Before implementing a hybrid working policy, make sure you understand how to do so fairly. Will you make this an option for all employees or only particular groups? If the latter, who will you justify this and make it fair?
Employers who implement a hybrid model without thinking this through risk jeopardising inclusivity. Those required to turn in to the office every day, such as maintenance or IT staff, may seem like they are at a disadvantage. However, the office-based crowd is often more visible to the leadership team and maybe favoured for the most lucrative and rewarding projects and be first in line for promotion. It’s easy to overlook employees who are rarely on-site.
Even if all employees are offered the same choice regarding where they work, a hybrid system, if not monitored and managed carefully, could result in certain types of people being or feeling excluded. An introvert or someone with caring responsibilities at home may be more inclined to work remotely than some of their more extrovert, care-free colleagues. In this scenario, the hybrid setup can inadvertently position certain groups of people in a more favourable position for advancement.

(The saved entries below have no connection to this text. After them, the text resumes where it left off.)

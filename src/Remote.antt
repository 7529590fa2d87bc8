-- ===== src/Remote.antt =====
-- virtual_disk/virtual_disk_remote.cc: how a client takes the reply to a storage operation. The scheduler
-- that it signals is a parameter. Data is not modelled, only which buffers it is copied to.
pub mod Replies
pub mod Disk
pub mod ReadOp
pub mod WriteOp
pub mod Requests
pub mod Collector
mod Tests
use sandook.Base.{
  ℕ, ◌*◌, ◌%◌, Bool, true, false, ◌||◌, if◌then◌else◌, ◌==◌, Option, none, some, List, ◌∷◌,
}
use sandook.Status.{Status, ok, err, fault, Error}
use sandook.Types.{ServerId, OpType, get_op, k_device_alignment, u32_mod}
use sandook.DiskServer.{StorageOpMsg, StorageOpReplyMsg, StorageOpReplyCode}

-- `DiskConnHandler::HandleMsg`: an error is answered with an empty buffer. A server that stops gives no
-- answer at all.
pub response : Status StorageOpReplyMsg → Status (Option StorageOpReplyMsg)
response (ok reply) = ok (some reply)
response (err e) = ok none
response fault = fault

is_success_congested : StorageOpReplyCode → Bool
is_success_congested StorageOpReplyCode.success_congested = true
is_success_congested _ = false

module _ {S : Type 0} (signal_congested : S → ServerId → S) (affinity : ServerId) where
  -- The scheduler, and the buffers that were written, each with its length.
  pub record Client : Type 0 where
    pub sched : S
    pub copies : List (ℕ × ℕ)

  pub signal_unless_affine : Client → ServerId → Client
  signal_unless_affine c server_id =
      if server_id == affinity then c else record c { sched = signal_congested c.sched server_id }

  -- The copy of the payload of a read.
  copy_payload : Client → StorageOpReplyMsg → Client
  copy_payload c msg =
      let len = msg.iod.num_sectors * k_device_alignment % u32_mod in
      if len == 0 || msg.iod.addr == 0
      then c
      else record c { copies = (msg.iod.addr, len) ∷ c.copies }

  read_reply : Client → StorageOpReplyMsg → ServerId → StorageOpReplyCode → Status ℕ × Client
  unfolding copy_payload signal_unless_affine
  read_reply c msg server_id StorageOpReplyCode.success = (ok msg.res, copy_payload c msg)
  read_reply c msg server_id StorageOpReplyCode.success_congested = (ok msg.res, copy_payload c msg)
  read_reply c msg server_id StorageOpReplyCode.reject_device_busy =
      (err Error.ebusy, signal_unless_affine c server_id)
  read_reply c msg server_id StorageOpReplyCode.failure = (err Error.einval, c)
  read_reply c msg server_id StorageOpReplyCode.reject_mode_mismatch = (fault, c)

  write_reply : Client → StorageOpReplyMsg → ServerId → StorageOpReplyCode → Status ℕ × Client
  unfolding signal_unless_affine
  write_reply c msg server_id StorageOpReplyCode.success = (ok msg.res, c)
  write_reply c msg server_id StorageOpReplyCode.success_congested = (ok msg.res, c)
  write_reply c msg server_id StorageOpReplyCode.reject_device_busy =
      (err Error.ebusy, signal_unless_affine c server_id)
  write_reply c msg server_id StorageOpReplyCode.reject_mode_mismatch = (err Error.erofs, c)
  write_reply c msg server_id StorageOpReplyCode.failure = (err Error.einval, c)

  -- The switch on the operation. An operation that is neither a read nor a write throws.
  op_reply : Client → StorageOpReplyMsg → ServerId → OpType → Status ℕ × Client
  unfolding read_reply write_reply
  op_reply c msg server_id OpType.read = read_reply c msg server_id msg.code
  op_reply c msg server_id OpType.write = write_reply c msg server_id msg.code
  op_reply c msg server_id _ = (fault, c)

  -- `HandleStorageOpReply`; a payload that is too short is `none`.
  pub handle_storage_op_reply : Client → Option StorageOpReplyMsg → ServerId → Status ℕ × Client
  unfolding op_reply signal_unless_affine
  handle_storage_op_reply c none server_id = (err Error.einval, c)
  handle_storage_op_reply c (some msg) server_id =
      op_reply (if is_success_congested msg.code then signal_unless_affine c server_id else c) msg
        server_id (get_op msg.iod)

Stifling Collaboration and Creativity
Office-based employees can jump into a room at a moment’s notice and have a lively brainstorming session to troubleshoot a problem or develop an innovative set of ideas for an important client pitch. Being in a room makes it easy to read each other’s body language, use a wide range of resources and equipment, and have rapid-fire exchanges that foster creativity and problem-solving.
Video conferencing for the same purposes is entirely possible but requires careful forethought and management. You need access to the right technology, and there must be a strong host who keeps the meeting on track while ensuring that remote and office-based participants have equal opportunities to contribute. It can be more challenging to develop the communication flow necessary for effective group brainstorming, especially if there are problems such as tech glitches.
Failing to Provide Essential Home Office Equipment
Don’t assume that your employees have the perfect home office setup. If you allow them to work remotely, make sure they have everything they need to be productive. This might include providing a company laptop, subsidising their internet connection, and funding the purchase of essential equipment such as a supportive office chair.
You should also provide employees with information and guidance about safely setting up their home office to avoid strain and injury and training on any software they need to communicate with the office.
Failure to provide essential guidance and equipment will negatively impact productivity and morale.
A hybrid working model offers benefits for both employers and employees. Careful planning and preparation are required to succeed in this way of working. Make sure that you provide your employees with all the resources, training, and support they need to feel valued and deliver their best performance — wherever they are based.